For business drivers, the supportive benefit-in-kind (BIK) tax regime for company cars, underpinned by the security of tax rates being published out to 2028, is ensuring that the lion's share of those new cars are electrified, according to the BVRLA leasing report.

It says that employers are benefiting from the advantages of both lower ‘fuel’ and national insurance costs, as well as the “feelgood, brand-enhancing wins of doing the right thing for the environment”.

As a result, 44% of all BCH cars delivered in Q4 2023 were battery electric, and a further 31% were plug-in hybrid, helping the average carbon dioxide emissions of new BCH models plunge to an all-time low of 55.3g/km in the quarter.

Without these tax and NI benefits, private drivers are finding it much more difficult to make the case for switching away from internal combustion engines, according to leasing executives.

The data underlines their point: 66% of new PCH contracts in the final quarter of 2023 were for petrol cars, and only 16% were for BEVs.

As a result, the average CO2 emissions of new PCH additions to the BVRLA lease fleet were 118.8g/km, more than twice as high as the BCH additions.

With lead times returning to pre-pandemic levels, the BVRLA leasing fleet is up 2.4% to 1.9 million vehicles. Both cars (1.9%) and vans (3.9%) have recorded year-on-year growth.

Dylan Setterfield, head of forecast strategy at Cap HPI, said: “The Government has many tools at its disposal to support BEV uptake and ensure the terms of the ZEV Mandate can be met.

“An obvious change would be harmonisation of VAT, where public charging costs can be reduced to make EV running costs cheaper for those without off-street parking.

“Other measures must be on the table too and include exemptions from tolls or discounted parking charges. In short, incentives are required. The annual increases set by the (ZEV) mandate only get steeper between now and 2030.”

Used electric vehicle market

In the absence of Government stimulus, the bruising decline in EV residual values for leasing companies in 2023 looks set to continue, according to the BVRLA.

“As their volumes of used EVs increases exponentially, several leasing companies are ruing their early success in persuading corporate customers to adopt the technology,” the report says.  

“Fortunately, the continued strength of petrol and diesel residual values is offsetting disposal losses on zero-emission cars for the time being, but every leasing chief has a wish list of policies that the Government could introduce to stimulate demand for used EVs.

“Leasing companies are also ploughing significant investment into the development of second-life leasing products for used EVs, although uptake remains minimal.”

While the BVRLA Leasing Outlook highlights the huge uncertainty and financial risk created by an immature used EV market, there are some positive recent developments.

Rachael Jones, director of automotive finance at Auto Trader, said: “Encouragingly, we’re seeing robust levels of consumer demand in the market, particularly for used.

“In February used cars took an average of 27 days to sell, which was the fastest pace in 12 months, and in March, it’s fallen to just 25, the fastest we’ve ever recorded.”

One of the ways in which leasecos have looked to navigate volatile used values is through second-life leasing or extended contracts.
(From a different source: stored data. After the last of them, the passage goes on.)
-- ===== src/Buddy/Bound.antt =====
-- buddy_get_stack_bound of FlashStack/buddy_tls.c, which searches for the end of the call stack page
-- by page. mincore is a parameter.
use flash_stack.Base.{
  ℕ, zero, suc, ◌+◌, ◌-◌, ◌*◌, ◌%◌, ◌≤◌, ◌<◌, ◌≡◌, ◌≢◌, refl, sym, ap, ◌⊎◌, inl, inr, ◌∙◌, Option,
  none, some, arith,
}
use flash_stack.Buddy.{page_size}

-- Zero, a failure with ENOMEM, and another failure.
data Answer : Type 0 where
  resident : Answer
  no_memory : Answer
  other_error : Answer

-- The two addresses, or SPA_ERROR.
data Bound : Type 0 where
  bound : ℕ → ℕ → Bound
  spa_error : Bound

Answer-cases : (a : Answer) → (a ≡ resident) ⊎ (a ≡ no_memory) ⊎ (a ≡ other_error)
Answer-cases resident = inl refl
Answer-cases no_memory = inr (inl refl)
Answer-cases other_error = inr (inr refl)

no_memory-fails : no_memory ≢ resident
no_memory-fails e = ground (arith, e)

other_error-fails : other_error ≢ resident
other_error-fails e = ground (arith, e)

-- What follows the loop.
abbrev behind_scan : Answer → ℕ → ℕ → Bound
behind_scan other_error low fptr = spa_error
behind_scan _ low fptr = bound low fptr

module _ (mincore : ℕ → Answer) where
  -- `none` without fuel
  unfoldable scan : ℕ → ℕ → ℕ → Option Bound
  scan zero low fptr = none
  scan (suc fuel) low fptr = elim (mincore fptr) [
    | resident ↦ scan fuel low (fptr + page_size)
    | no_memory ↦ some (behind_scan no_memory low fptr)
    | other_error ↦ some (behind_scan other_error low fptr)
  ]

  unfoldable buddy_get_stack_bound : ℕ → ℕ → Option Bound
  buddy_get_stack_bound fuel rsp =
      let fptr = rsp - rsp % page_size in scan fuel fptr (fptr + page_size)

  -- The search that starts at `fptr` ends at the i-th page from there.
  abbrev EndsAt : ℕ → ℕ → ℕ → ℕ → Type 0
  EndsAt fuel low fptr i =
      (scan fuel low fptr
        ≡ some (behind_scan (mincore (fptr + i * page_size)) low (fptr + i * page_size)))
      × (mincore (fptr + i * page_size) ≢ resident)
      × ((j : ℕ) → j < i → mincore (fptr + j * page_size) ≡ resident)

  ends_here : (fuel low fptr : ℕ) → mincore fptr ≢ resident → EndsAt (suc fuel) low fptr 0
  unfolding scan
  ends_here fuel low fptr fails =
      let here : fptr + 0 * page_size ≡ fptr = omega arith in
      elim (Answer-cases (mincore fptr)) [
        | inl e ↦ absurd (fails e)
        | inr (inl e) ↦ (rw (scan, here, e), rw here fails, λ j l. absurd (omega (arith, l)))
        | inr (inr e) ↦ (rw (scan, here, e), rw here fails, λ j l. absurd (omega (arith, l)))
      ]

  resident_before :
      (fptr i : ℕ)
      → mincore fptr ≡ resident
      → ((j : ℕ) → j < i → mincore (fptr + page_size + j * page_size) ≡ resident)
      → (j : ℕ) → j < suc i
      → mincore (fptr + j * page_size) ≡ resident
  resident_before fptr i e before zero l =
      let here : fptr + 0 * page_size ≡ fptr = omega arith in ap mincore here ∙ e
  resident_before fptr i e before (suc j) l =
      let there : fptr + suc j * page_size ≡ fptr + page_size + j * page_size = omega arith in
      ap mincore there ∙ before j (omega (arith, l))

  ends_later :
      (fuel low fptr i : ℕ)
      → mincore fptr ≡ resident
      → EndsAt fuel low (fptr + page_size) i
      → EndsAt (suc fuel) low fptr (suc i)
  unfolding scan
  ends_later fuel low fptr i e (run, fails, before) =
      let there : fptr + page_size + i * page_size ≡ fptr + suc i * page_size = omega arith in
      (
        rw (scan, e) (rw there at run),
        λ a. fails (ap mincore there ∙ a),
        resident_before fptr i e before,
      )

  scan-EndsAt :
      (n fuel low fptr : ℕ)
      → n < fuel
      → mincore (fptr + n * page_size) ≢ resident
      → (i : ℕ) × (i ≤ n) × EndsAt fuel low fptr i
  scan-EndsAt n zero low fptr h fails = absurd (omega (arith, h))
  scan-EndsAt zero (suc fuel) low fptr h fails =
      let here : fptr ≡ fptr + 0 * page_size = omega arith in
      (0, omega arith, ends_here fuel low fptr (λ a. fails (ap mincore (sym here) ∙ a)))
  scan-EndsAt (suc n) (suc fuel) low fptr h fails = elim (Answer-cases (mincore fptr)) [
    | inl e ↦
        let there : fptr + page_size + n * page_size ≡ fptr + suc n * page_size = omega arith in
        let (i, le, ends) =
          scan-EndsAt n fuel low (fptr + page_size) (omega (arith, h))
            (λ a. fails (ap mincore (sym there) ∙ a)) in
        (suc i, omega (arith, le), ends_later fuel low fptr i e ends)
    | inr (inl e) ↦ (0, omega arith, ends_here fuel low fptr (λ a. no_memory-fails (sym e ∙ a)))
    | inr (inr e) ↦ (0, omega arith, ends_here fuel low fptr (λ a. other_error-fails (sym e ∙ a)))
  ]

  -- With fuel for the pages up to the n-th above that of the stack pointer, where mincore fails, the
  -- search ends at the first page above it where mincore fails. If the failure is ENOMEM that page
  -- is the upper bound, and the page of the stack pointer the lower one.
  buddy_get_stack_bound_lem :
      (n fuel rsp : ℕ)
      → n < fuel
      → mincore (rsp - rsp % page_size + page_size + n * page_size) ≢ resident
      → (high : ℕ) × (high ≤ rsp - rsp % page_size + page_size + n * page_size)
        × (buddy_get_stack_bound fuel rsp
            ≡ some (behind_scan (mincore high) (rsp - rsp % page_size) high))
        × (mincore high ≢ resident)
        × ((j : ℕ)
            → rsp - rsp % page_size + page_size + j * page_size < high
            → mincore (rsp - rsp % page_size + page_size + j * page_size) ≡ resident)
  unfolding buddy_get_stack_bound
  buddy_get_stack_bound_lem n fuel rsp h fails =
      let low = rsp - rsp % page_size in
      let (i, le, (run, stops, before)) = scan-EndsAt n fuel low (low + page_size) h fails in
      (
        low + page_size + i * page_size,
        omega (arith, le),
        run,
        stops,
        λ j l. before j (omega (arith, l)),
      )
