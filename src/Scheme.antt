-- ===== src/Scheme.antt =====
-- The code that add_instrumentation of FlashStack/afl-as.c prints at `.cfi_startproc` and in place
-- of `ret`, for each scheme that FlashStack/spa.h can select.
pub mod Return
pub mod Frame
pub mod Calls
use flash_stack.Base.{
  ℕ, Bool, true, false, ◌||◌, List, [], ◌∷◌, ◌++◌, map, if◌then◌else◌, Bytes, codes,
}
use flash_stack.Asm.{
  neg, rax, rdi, rsi, rdx, rsp, r10, r11, stack_size_mask, random_val, Operand, imm, reg, mem,
  mem_index, gs_index, gs_at, got, word_at, Instr, movq, addq, subq, andq, pushq, popq, callq_plt,
  jmpq_star, Out, copy, mark, ins,
}

-- The macros USE_SPA_SHADOW_STACK, USE_SPA_SHADOW_STACK_VIA_REG, USE_SPA_BUDDY_STACK_TLS,
-- USE_SPA_GS_RSP, USE_SHADESMAR_GS, USE_SPA_FS_GS_TLS (with SPA_ENABLE_GS_MSR or not),
-- USE_SPA_BUDDY_STACK_TLS_WITH_STK_SIZE (with NON_PIE_GLOBAL_VAR_FOR_STK_SIZE or not), and none.
pub data Scheme : Type 0 where
  shadow_stack shadow_stack_via_reg buddy_stack_tls gs_rsp shadesmar_gs : Scheme
  fs_gs_tls buddy_tls_stk_size : Bool → Scheme
  global_randvar : Scheme

-- What the label of a function says about it.
pub record Class : Type 0 where
  pub customized : Bool
  pub no_instr : Bool
  pub on_stack_handler : Bool

-- DEF_SPA_SS_OFFSET
abbrev pub def_ss_offset : ℕ
def_ss_offset = 0x800000

-- DEF_BUDDY_FUNCTION_LOCAL_STORAGE_SIZE
abbrev pub def_local_storage_size : ℕ
def_local_storage_size = 0x1000000

-- SPA_USER_SPACE_SIZE
abbrev pub user_space_size : ℕ
user_space_size = 0x800000000000

-- GET_GS_METADATA_FIELD_OFFSET of `diff` and of `R`
abbrev pub offset_diff : ℕ
offset_diff = 8

abbrev pub offset_r : ℕ
offset_r = 16

-- The call that takes the place of the prologue in functions that may run before the gs register
-- is set, or on another stack.
abbrev pub guarded_call : Bytes → List Instr
guarded_call f =
    pushq rdi
    ∷ pushq rsi
    ∷ pushq rdx
    ∷ callq_plt f
    ∷ popq (reg rdx)
    ∷ popq (reg rsi)
    ∷ popq (reg rdi)
    ∷ []

abbrev pub init_call : List Instr
init_call = guarded_call (codes "init_main_shadow_stack")

abbrev pub crash_call : List Instr
crash_call = guarded_call (codes "unsw_inc_asm_js_crash_cnt")

abbrev pub load_mask : Bool → List Instr
load_mask true = movq (word_at stack_size_mask) (reg r10) ∷ []
load_mask false = movq (got stack_size_mask) (reg r10) ∷ movq (mem 0 r10) (reg r10) ∷ []

-- The prologue of an ordinary function.
abbrev pub prologue : Scheme → List Instr
prologue shadow_stack = popq (mem (neg def_ss_offset) rsp) ∷ subq (imm 8) (reg rsp) ∷ []
prologue shadow_stack_via_reg =
    movq (mem 0 rsp) (reg rax) ∷ movq (reg rax) (mem (neg def_ss_offset) rsp) ∷ []
prologue buddy_stack_tls =
    movq (reg rsp) (reg r11)
    ∷ andq (imm (neg def_ss_offset)) (reg r11)
    ∷ movq (mem (neg def_local_storage_size) r11) (reg r11)
    ∷ addq (mem 0 rsp) (reg r11)
    ∷ movq (reg r11) (mem (neg def_ss_offset) rsp)
    ∷ []
prologue gs_rsp =
    movq (mem 0 rsp) (reg r11)
    ∷ movq (imm (neg user_space_size)) (reg r10)
    ∷ movq (reg r11) (gs_index 0 rsp r10 1)
    ∷ []
prologue shadesmar_gs = []
prologue (fs_gs_tls msr) =
    movq (mem 0 rsp) (reg r11)
    ∷ ((if msr then addq (gs_at offset_r) (reg r11) ∷ [] else [])
        ++ (movq (gs_at offset_diff) (reg r10) ∷ movq (reg r11) (mem_index 0 rsp r10 1) ∷ []))
prologue (buddy_tls_stk_size non_pie) =
    movq (reg rsp) (reg r11)
    ∷ (load_mask non_pie
        ++ (andq (reg r10) (reg r11)
            ∷ movq (mem_index 0 r11 r10 2) (reg r11)
            ∷ addq (mem 0 rsp) (reg r11)
            ∷ movq (reg r11) (mem_index 0 rsp r10 1)
            ∷ []))
prologue global_randvar =
    movq (got random_val) (reg rax)
    ∷ addq (mem 0 rsp) (reg rax)
    ∷ movq (reg rax) (mem (neg def_ss_offset) rsp)
    ∷ []

-- The code in place of `ret` in an ordinary function. Under USE_SHADESMAR_GS the line stays.
abbrev pub epilogue : Scheme → List Instr
epilogue shadow_stack =
    addq (imm 8) (reg rsp) ∷ movq (mem (neg def_ss_offset) rsp) (reg r11) ∷ jmpq_star (reg r11) ∷ []
epilogue shadow_stack_via_reg =
    movq (mem (neg def_ss_offset) rsp) (reg r11) ∷ addq (imm 8) (reg rsp) ∷ jmpq_star (reg r11) ∷ []
epilogue buddy_stack_tls =
    movq (reg rsp) (reg r10)
    ∷ andq (imm (neg def_ss_offset)) (reg r10)
    ∷ movq (mem (neg def_ss_offset) rsp) (reg r11)
    ∷ subq (mem (neg def_local_storage_size) r10) (reg r11)
    ∷ addq (imm 8) (reg rsp)
    ∷ jmpq_star (reg r11)
    ∷ []
epilogue gs_rsp =
    movq (imm (neg user_space_size)) (reg r10)
    ∷ addq (imm 8) (reg rsp)
    ∷ jmpq_star (gs_index (neg 8) rsp r10 1)
    ∷ []
epilogue shadesmar_gs = []
epilogue (fs_gs_tls msr) =
    movq (gs_at offset_diff) (reg r11)
    ∷ movq (mem_index 0 rsp r11 1) (reg r11)
    ∷ ((if msr then subq (gs_at offset_r) (reg r11) ∷ [] else [])
        ++ (addq (imm 8) (reg rsp) ∷ jmpq_star (reg r11) ∷ []))
epilogue (buddy_tls_stk_size non_pie) =
    movq (reg rsp) (reg r11)
    ∷ (load_mask non_pie
        ++ (andq (reg r10) (reg r11)
            ∷ movq (mem_index 0 r11 r10 2) (reg r11)
            ∷ movq (mem_index 0 rsp r10 1) (reg r10)
            ∷ subq (reg r11) (reg r10)
            ∷ addq (imm 8) (reg rsp)
            ∷ jmpq_star (reg r10)
            ∷ []))
epilogue global_randvar =
    movq (mem (neg def_ss_offset) rsp) (reg r11)
    ∷ subq (got random_val) (reg r11)
    ∷ addq (imm 8) (reg rsp)
    ∷ jmpq_star (reg r11)
    ∷ []

abbrev pub entry_mark : Scheme → List Out
entry_mark buddy_stack_tls = mark (codes "###SPA### FUNCTION_ENTRY\n") ∷ []
entry_mark (buddy_tls_stk_size _) = mark (codes "###SPA### FUNCTION_ENTRY\n") ∷ []
entry_mark _ = []

abbrev pub exit_mark : Scheme → List Out
exit_mark buddy_stack_tls = mark (codes "###SPA### FUNCTION_EXIT\n") ∷ []
exit_mark (buddy_tls_stk_size _) = mark (codes "###SPA### FUNCTION_EXIT\n") ∷ []
exit_mark _ = []

-- Which functions a scheme leaves without its prologue and epilogue.
abbrev pub entry_special : Bool → Class → Scheme → List Instr
entry_special handlers c s =
    if c.no_instr
    then []
    else if (if handlers then c.on_stack_handler else false)
    then crash_call
    else if c.customized
    then init_call
    else prologue s

-- What is printed at `.cfi_startproc` in a file that is instrumented.
unfoldable pub function_entry : Scheme → Class → Bytes → List Out
function_entry gs_rsp c line = copy line ∷ map ins (entry_special true c gs_rsp)
function_entry shadesmar_gs c line = copy line ∷ map ins (entry_special false c shadesmar_gs)
function_entry (fs_gs_tls msr) c line = copy line ∷ map ins (entry_special true c (fs_gs_tls msr))
function_entry s c line = copy line ∷ (entry_mark s ++ map ins (prologue s))

abbrev pub exit_special : Class → Scheme → Bytes → List Out
exit_special c s line =
    if c.customized || c.no_instr || c.on_stack_handler
    then copy line ∷ []
    else map ins (epilogue s)

-- What is printed for `ret` or `retq`.
unfoldable pub function_exit : Scheme → Class → Bytes → List Out
function_exit gs_rsp c line = exit_special c gs_rsp line
function_exit (fs_gs_tls msr) c line = exit_special c (fs_gs_tls msr) line
function_exit shadesmar_gs c line = copy line ∷ []
function_exit s c line = exit_mark s ++ map ins (epilogue s)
These methods are still in their infancy and, while used car agreements went up 3% from Q3 to Q4 2023, the average contract length for BCH agreements remains flat at 40 months.

A growing consideration instead is for managing asset finance risk through better vehicle management while on fleet, with concerns growing over repair times and costs, says the BVRLA.
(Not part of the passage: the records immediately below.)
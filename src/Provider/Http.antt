-- ===== src/Provider/Http.antt =====
-- failover-provider/provider.py, `Handler`: routing, authentication and the answers to errors.
use Prim.Native.String.{len, slice}
use zkdeal_cloud_deployer_in.Base.{
  Option, String, [], if◌then◌else◌, ltb, none, not, some, true, ℕ, ◌&&◌, ◌-◌, ◌==◌, ◌||◌, ◌∷◌,
}
use zkdeal_cloud_deployer_in.Base.Text.{is_safe_id}
use zkdeal_cloud_deployer_in.Base.Json.{Fields, Json, bool, dict, end, field, num, obj, str}
use zkdeal_cloud_deployer_in.Base.Decimal.{concat}
use zkdeal_cloud_deployer_in.Provider.Model.{
  Action, Result, Surroundings, World, err, ok, or_missing, provider_error, pure, raise, require,
  value_error, ◌>>=◌, ◌>>◌,
}
use zkdeal_cloud_deployer_in.Provider.Probes.{Config, max_body_bytes}
use zkdeal_cloud_deployer_in.Provider.Operations.{Driver, authenticate, commit, prepare, status}

-- What the handler reads of a request. `content_length` is absent if `int` refuses the header, and
-- `body` is absent if it is no JSON.
pub record Request : Type 0 where
  pub path : String
  pub content_length : Option ℕ
  pub content_type : String
  pub authorization : Option String
  pub approval : Option String
  pub idempotency_key : String
  pub body : Option Json

abbrev pub Response : Type 0
Response = ℕ × Fields

-- The identifier between a fixed beginning and a fixed end of the path, if it is a safe one.
unfoldable pub identifier_between : String → String → String → Option String
identifier_between first last path =
    let identifier = slice path (len first) (len path - len last) in
    if concat (first ∷ identifier ∷ last ∷ []) == path && is_safe_id identifier
    then some identifier
    else none

abbrev pub error_body : String → Fields
error_body error_code = field "code" (str error_code) end

-- The `except` clauses of `do_POST`.
abbrev pub post_answer : Result Fields → Response
post_answer (ok response) = (200, response)
post_answer (err (provider_error status error_code)) = (status, error_body error_code)
post_answer (err value_error) = (400, error_body "invalid-json")
post_answer (err other) = (500, error_body "internal-error")

abbrev pub body_object : Option Json → Action Fields
body_object none = raise value_error
body_object (some (obj fields)) = pure fields
body_object (some other) = raise (provider_error 400 "invalid-body")

module _ (env : Surroundings) (config : Config) (driver : Driver) where
  unfoldable pub route_post : Request → Fields → Action Fields
  route_post request value =
      if request.path == "/v1/failovers"
      then prepare env config driver request.idempotency_key value
      else (do
        operation_id ←
            or_missing (identifier_between "/v1/failovers/" "/commit" request.path)
              (provider_error 404 "not-found")
        commit env config driver operation_id request.idempotency_key value)

  unfoldable pub handle_post : Request → Action Fields
  handle_post request = do
    length ← or_missing request.content_length value_error
    require (not (ltb length 2 || ltb max_body_bytes length)) (provider_error 400 "invalid-body")
    require (request.content_type == "application/json") (provider_error 400 "invalid-content-type")
    value ← body_object request.body
    authenticate env config request.authorization request.approval
    route_post request value

  -- `do_POST`
  unfoldable pub do_post : Request → World → Response × World
  do_post request w = let (r, w') = handle_post request w in (post_answer r, w')

  unfoldable pub status_answer : Result Fields → Response
  status_answer (err (provider_error status error_code)) = (status, error_body error_code)
  status_answer (err other) = (500, end)
  status_answer (ok response) = (200, response)

  -- `do_GET`
  unfoldable pub do_get : Request → World → Response × World
  unfolding status_answer
  do_get request w =
      if request.path == "/health"
      then ((200, dict (("status", str "ok") ∷ ("platform", str config.platform) ∷ [])), w)
      else if request.path == "/ready"
      then ((200, dict (("ready", bool true) ∷ ("stateDurable", bool true) ∷ [])), w)
      else if request.path == "/capabilities"
      then (
        (
          200,
          dict (
              ("schemaVersion", num 1)
              ∷ ("contract", str "failover-provider-v1")
              ∷ ("platform", str config.platform)
              ∷ ("witnessIndependence", str "dns-address-disjoint-and-provider-rechecked")
              ∷ ("durableIdempotency", bool true)
              ∷ ("measuredRtoSeconds", bool true)
              ∷ []),
        ),
        w,
      )
      else elim (identifier_between "/v1/failovers/" "" request.path) [
        | none ↦ ((404, error_body "not-found"), w)
        | some operation_id ↦
            let (r, w') =
              (authenticate env config request.authorization request.approval
                  >> status env config operation_id)
                w in
            (status_answer r, w')
      ]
Vincent St Claire, managing director of Fleet Assist, added: “A period of unprecedented change is being driven by the growing number of new OEMs coming to the UK.

“Vehicle leasing, rental and salary sacrifice providers will be operating a more diverse selection of new models than ever.

“Before operating new models, whether they are established OEMs or new entrants, it is critical that their aftersales networks are thoroughly reviewed.

“Network geographic coverage, booking lead times, and warranty terms will all vary, potentially impacting on customer service, operating costs and vehicle downtime.”